I'm kind of late to the question, and also it's been a while since I did all the low-level processor init code on PPCs, but I seem to remember the cache & MMU being pretty tightly coupled (one had to be enabled to enable the other) and I think in the MMU page tables, you could define the cacheable attribute.
So my point is this: if there's a certain subset of code that must run in deterministic time, maybe you locate that code (via a linker command file) in a region of memory that is defined as non-cacheable in the page tables? That way all the code that can/should benefit from the cache does, and the (hopefully) subset of code that shouldn't, doesn't.
I'd handle it this way anyway, so that later, if you want to enable caching for part of the system, you just need to flip a few bits in the MMU page tables, instead of (re-)writing the init code to set up all the page tables & caching.
From the E600 reference manual:
The HID0 special-purpose register contains several bits that invalidate, disable, and lock the instruction and data caches.
You should use HID0[DCE] = 0 to disable the data cache.
You should use HID0[ICE] = 0 to disable the instruction cache.
Note that at power up, both caches are disabled.
You will need to write this in assembly code.
Perhaps you don't want to globally disable cache, you only want to disable it for a particular address range?
On some processors you can configure TLB (translation lookaside buffer) entries for address ranges such that each range could have caching enabled or disabled. This way you can disable caching for memory mapped I/O, and still leave caching on for the main block of RAM.
The only PowerPC I've done this on was a PowerPC 440EP (from IBM, then AMCC), so I don't know if all PowerPCs work the same way.
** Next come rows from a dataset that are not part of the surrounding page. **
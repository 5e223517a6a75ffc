-- ===== src/Workers/Core.antt =====
-- python/pydeno/_sandbox_pool.py: the runtimes that a pool keeps ready, `_Core`. A step is a critical
-- section of a checkout, of a filler or of the closing of the pool.
pub mod Ready
use pydeno.Prelude.{
  ℕ, suc, ◌+◌, ◌-◌, ◌*◌, max, min, ◌≡◌, Bool, true, false, ◌&&◌, not, Option, none, some, List, [],
  ◌∷◌, ◌++◌, ltb, ◌==◌, length, if◌then◌else◌, Result, ok, err,
}

-- An `IsolatedRuntime`: `is_closed()`, and its process.
pub record Runtime : Type 0 where
  pub is_closed : Bool
  pub proc : ℕ

pub record Core : Type 0 where
  pub size : ℕ
  pub ready : List Runtime
  pub starting : ℕ
  pub closed : Bool
  pub checkouts : ℕ
  pub cold_starts : ℕ

-- `RuntimeError("this SandboxPool is closed")`
pub data PoolClosed : Type 0 where
  pool_closed : PoolClosed

-- `not candidate.is_closed() and candidate._proc.poll() is None`
abbrev pub is_usable : (ℕ → Bool) → Runtime → Bool
is_usable alive rt = not rt.is_closed && alive rt.proc

-- What the loop of `take` finds: the runtime, those before it, and those behind it.
pub record Taken : Type 0 where
  pub rt : Option Runtime
  pub dead : List Runtime
  pub left : List Runtime

unfoldable pub take_first : (ℕ → Bool) → List Runtime → Taken
take_first alive [] = record { rt = none; dead = []; left = [] }
take_first alive (candidate ∷ ready) =
    let later = take_first alive ready in
    if is_usable alive candidate
    then record { rt = some candidate; dead = []; left = ready }
    else record later { dead = candidate ∷ later.dead }

abbrev pub one_if_some : Option Runtime → ℕ
one_if_some none = 0
one_if_some (some rt) = 1

-- `take`: the core, and what the loop found; the dead are closed behind the section.
unfoldable pub take : (ℕ → Bool) → Core → Result PoolClosed (Core × Taken)
unfolding take_first
take alive core =
    let found = take_first alive core.ready in
    if core.closed
    then err pool_closed
    else ok (
      record core { ready = found.left; checkouts = core.checkouts + one_if_some found.rt },
      found,
    )

-- A cold start that `new` counts, once it has started.
unfoldable pub count_cold_start : Core → Core
count_cold_start core = record core {
  checkouts = core.checkouts + 1;
  cold_starts = core.cold_starts + 1;
}

-- The test of a filler: `waiting` checkouts, and whether the capacity has a slot.
unfoldable pub may_fill : ℕ → Bool → Core → Bool
may_fill waiting has_slot core =
    not core.closed
    && (ltb (length core.ready + core.starting) core.size && (waiting == 0 && has_slot))

unfoldable pub begin_fill : Core → Core
begin_fill core = record core { starting = core.starting + 1 }

-- `_FIRST_BACKOFF` and `_MAX_BACKOFF`, in tenths of a second.
abbrev pub next_backoff : ℕ → ℕ
next_backoff backoff = min (max 1 (backoff * 2)) 300

-- The end of a filler's round, of the runtime that it started or of none: the core, the backoff, and the
-- runtime that it has to close.
pub record Filled : Type 0 where
  pub core : Core
  pub backoff : ℕ
  pub surplus : Option Runtime

unfoldable pub end_fill : Option Runtime → ℕ → Core → Filled
end_fill (some rt) backoff core =
    if core.closed
    then record {
      core = record core { starting = core.starting - 1 };
      backoff = backoff;
      surplus = some rt;
    }
    else record {
      core = record core { starting = core.starting - 1; ready = core.ready ++ rt ∷ [] };
      backoff = 0;
      surplus = none;
    }
end_fill none backoff core = record {
  core = record core { starting = core.starting - 1 };
  backoff = next_backoff backoff;
  surplus = none;
}

-- `self.ready.popleft()` of a checkout that waits for a slot, which retires the runtime or returns it.
unfoldable pub retire : Core → Core
retire core = elim core.ready [ [] ↦ core | rt ∷ ready ↦ record core { ready = ready } ]

-- The section of `close`: the core, and the runtimes that are closed.
unfoldable pub close : Core → Core × List Runtime
close core = (record core { closed = true; ready = [] }, core.ready)

pub data Step (core : Core) : Core → Type 0 where
  takes :
      (alive : ℕ → Bool) (core' : Core) (found : Taken)
      → take alive core ≡ ok (core', found)
      → Step core core'
  counts : Step core (count_cold_start core)
  fills :
      (waiting : ℕ) (has_slot : Bool)
      → may_fill waiting has_slot core ≡ true
      → Step core (begin_fill core)
  ends :
      (rt : Option Runtime) (backoff n : ℕ)
      → core.starting ≡ suc n
      → Step core (end_fill rt backoff core).core
  retires : core.closed ≡ false → Step core (retire core)
  closes : Step core (close core).0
What kind of PPC core is it? The cache control is very different between different cores from different vendors... also, disabling the cache is in general considered a really bad thing to do to the machine. Performance becomes so crawlingly slow that you would do as well with an old 8-bit processor (exaggerating a bit). Some ARM variants have TCMs, tightly-coupled memories, that work instead of caches, but I am not aware of any PPC variant with that facility.
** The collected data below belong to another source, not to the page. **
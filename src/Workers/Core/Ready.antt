-- ===== src/Workers/Core/Ready.antt =====
-- What a pool of python/pydeno/_sandbox_pool.py keeps ready, and what it hands out.
use pydeno.Prelude.{
  ℕ, suc, ◌+◌, ◌≤◌, ◌≡◌, refl, ap, subst, Bool, true, false, ◌&&◌, not, Option, none, some, List,
  Result, [], ◌∷◌, ◌++◌, ltb→lt, length, length-append, if◌then◌else◌, ok, err, All, arith, if_both,
}
use pydeno.Workers.Core.{
  Runtime, Core, PoolClosed, pool_closed, is_usable, Taken, take_first, one_if_some, take,
  count_cold_start, may_fill, begin_fill, Filled, end_fill, retire, close, Step, takes, counts,
  fills, ends, retires, closes,
}

-- What `take` hands out and what it closes.
abbrev pub IsFirst : (ℕ → Bool) → List Runtime → Taken → Type 0
IsFirst alive ready t = All (λ rt. is_usable alive rt ≡ false) t.dead × (elim t.rt [
  | none ↦ (ready ≡ t.dead) × (t.left ≡ [])
  | some rt ↦ (ready ≡ t.dead ++ rt ∷ t.left) × (is_usable alive rt ≡ true)
])

behind :
    (alive : ℕ → Bool) (candidate : Runtime) (ready : List Runtime) (rt : Option Runtime)
    (dead left : List Runtime)
    → is_usable alive candidate ≡ false
    → IsFirst alive ready (record { rt = rt; dead = dead; left = left })
    → IsFirst alive (candidate ∷ ready) (record { rt = rt; dead = candidate ∷ dead; left = left })
behind alive candidate ready none dead left d h = ((d, h.0), (ap (◌∷◌ candidate) h.1.0, h.1.1))
behind alive candidate ready (some rt) dead left d h = ((d, h.0), (ap (◌∷◌ candidate) h.1.0, h.1.1))

take_first-IsFirst :
    (alive : ℕ → Bool) (ready : List Runtime) → IsFirst alive ready (take_first alive ready)
unfolding take_first
take_first-IsFirst alive [] = (tt, (refl, refl))
take_first-IsFirst alive (candidate ∷ ready) =
    let later = take_first alive ready in
    if_both (IsFirst alive (candidate ∷ ready)) (is_usable alive candidate) _ _
      (λ usable. (tt, (refl, usable)))
      (λ d.
        behind alive candidate ready later.rt later.dead later.left d
          (take_first-IsFirst alive ready))

take_first_shorter :
    (alive : ℕ → Bool) (ready : List Runtime) → length (take_first alive ready).left ≤ length ready
unfolding take_first
take_first_shorter alive [] = omega arith
take_first_shorter alive (candidate ∷ ready) =
    if_both (λ (t : Taken). length t.left ≤ suc (length ready)) (is_usable alive candidate) _ _
      (λ _. omega arith) (λ _. omega (arith, take_first_shorter alive ready))

opened :
    {A : Type 0} (b : Bool) (x y : A)
    → (if b then err pool_closed else ok x) ≡ ok y
    → (b ≡ false) × (x ≡ y)
opened true x y h = cc
opened false x y h = (refl, ap (λ r. elim r [ err _ ↦ x | ok a ↦ a ]) h)

-- What a checkout that takes from the pool leaves: the runtimes behind the one that it hands out, and one
-- checkout more where it hands one out.
abbrev pub Leaves : Core → Core × Taken → Type 0
Leaves core r = (r.0.ready ≡ r.1.left) × (r.0.checkouts ≡ core.checkouts + one_if_some r.1.rt)

-- What a checkout gives in a pool that is closed, and in one that is open.
abbrev pub IsTaken : (ℕ → Bool) → Core → Result PoolClosed (Core × Taken) → Type 0
IsTaken alive core (err e) = core.closed ≡ true
IsTaken alive core (ok (core', found)) =
    (core.closed ≡ false) × IsFirst alive core.ready found × Leaves core (core', found)

-- `take` raises where the pool is closed, and only there. Where it is open, it hands out the first
-- runtime that is not closed and whose process has not exited: those before it are closed or have
-- exited, and are given up to be closed; those behind it stay, in order; and it hands out none, which is
-- no error, only where there is no such runtime. One that it hands out is no longer ready, and is counted.
pub take-IsTaken : (alive : ℕ → Bool) (core : Core) → IsTaken alive core (take alive core)
unfolding take
take-IsTaken alive core =
    if_both (IsTaken alive core) core.closed _ _ (λ c. c)
      (λ o. (o, take_first-IsFirst alive core.ready, (refl, refl)))

-- The room of a pool: what is ready and what is starting is at most its size, and a closed pool keeps
-- nothing ready.
pub record IsWithin (core : Core) : Type 0 where
  pub room : length core.ready + core.starting ≤ core.size
  pub emptied : core.closed ≡ true → core.ready ≡ []

take-IsWithin :
    (alive : ℕ → Bool) (core core' : Core) (found : Taken)
    → take alive core ≡ ok (core', found)
    → IsWithin core
    → IsWithin core'
unfolding take
take-IsWithin alive core core' found h w =
    let (is_open, same) = opened core.closed _ (core', found) h in
    subst (λ r. IsWithin r.0) same
      (record {
        room = omega (arith, take_first_shorter alive core.ready, w.room);
        emptied = λ c. cc;
      })

retire-IsWithin :
    (core : Core) (ready : List Runtime)
    → core.ready ≡ ready
    → core.closed ≡ false
    → IsWithin core
    → IsWithin (elim ready [ [] ↦ core | rt ∷ rest ↦ record core { ready = rest } ])
retire-IsWithin core [] e o w = w
retire-IsWithin core (rt ∷ rest) e o w = record {
  room = omega (arith, ap length e, w.room);
  emptied = λ c. cc;
}

has_room : (closed room rest : Bool) → (not closed && (room && rest)) ≡ true → room ≡ true
has_room true room rest h = cc
has_room false true rest h = refl
has_room false false rest h = cc

end_fill-IsWithin :
    (core : Core) (rt : Option Runtime) (backoff n : ℕ)
    → core.starting ≡ suc n
    → IsWithin core
    → IsWithin (end_fill rt backoff core).core
unfolding end_fill
end_fill-IsWithin core none backoff n e w = record {
  room = omega (arith, e, w.room);
  emptied = w.emptied;
}
end_fill-IsWithin core (some rt) backoff n e w =
    if_both (λ (f : Filled). IsWithin f.core) core.closed _ _
      (λ _. record { room = omega (arith, e, w.room); emptied = w.emptied })
      (λ o. record {
        room = omega (arith, length-append core.ready (rt ∷ []), e, w.room);
        emptied = λ c. cc;
      })

-- A pool keeps to its size and to its end: whatever checkouts, fillers and a closing do, in whatever order
-- their critical sections come, the runtimes that are ready and those that are being started are together
-- at most `size`, and once the pool is closed nothing is ready, not even what was being started then.
pub Step-IsWithin : {core core' : Core} → Step core core' → IsWithin core → IsWithin core'
unfolding count_cold_start begin_fill retire close may_fill
Step-IsWithin {core} (takes alive core' found h) w = take-IsWithin alive core core' found h w
Step-IsWithin counts w = record { room = w.room; emptied = w.emptied }
Step-IsWithin {core} (fills waiting has_slot h) w = record {
  room =
      omega
        (arith, ltb→lt (length core.ready + core.starting) core.size (has_room core.closed _ _ h));
  emptied = w.emptied;
}
Step-IsWithin {core} (ends rt backoff n e) w = end_fill-IsWithin core rt backoff n e w
Step-IsWithin {core} (retires o) w = retire-IsWithin core core.ready refl o w
Step-IsWithin {core} closes w = record { room = omega (arith, w.room); emptied = λ _. refl }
Maybe a better solution is to keep Level 1 caches active, and use the on-chip L2 caches as statically mapped RAM instead? That is common on modern PowerQUICC devices, at least.
Turning off the cache will do you no good at all. Your execution speed will drop by an order of magnitude. You would never ship a system like this, so its performance under these conditions is of no interest.
To achieve a steady execution speed, consider one of these approaches:
1) Lock some or all of the cache. All current PowerPC chips from Freescale, IBM, and AMCC offer this feature.
2) If it's a Freescale chip with L2 cache, consider mapping part of that cache as on-chip memory.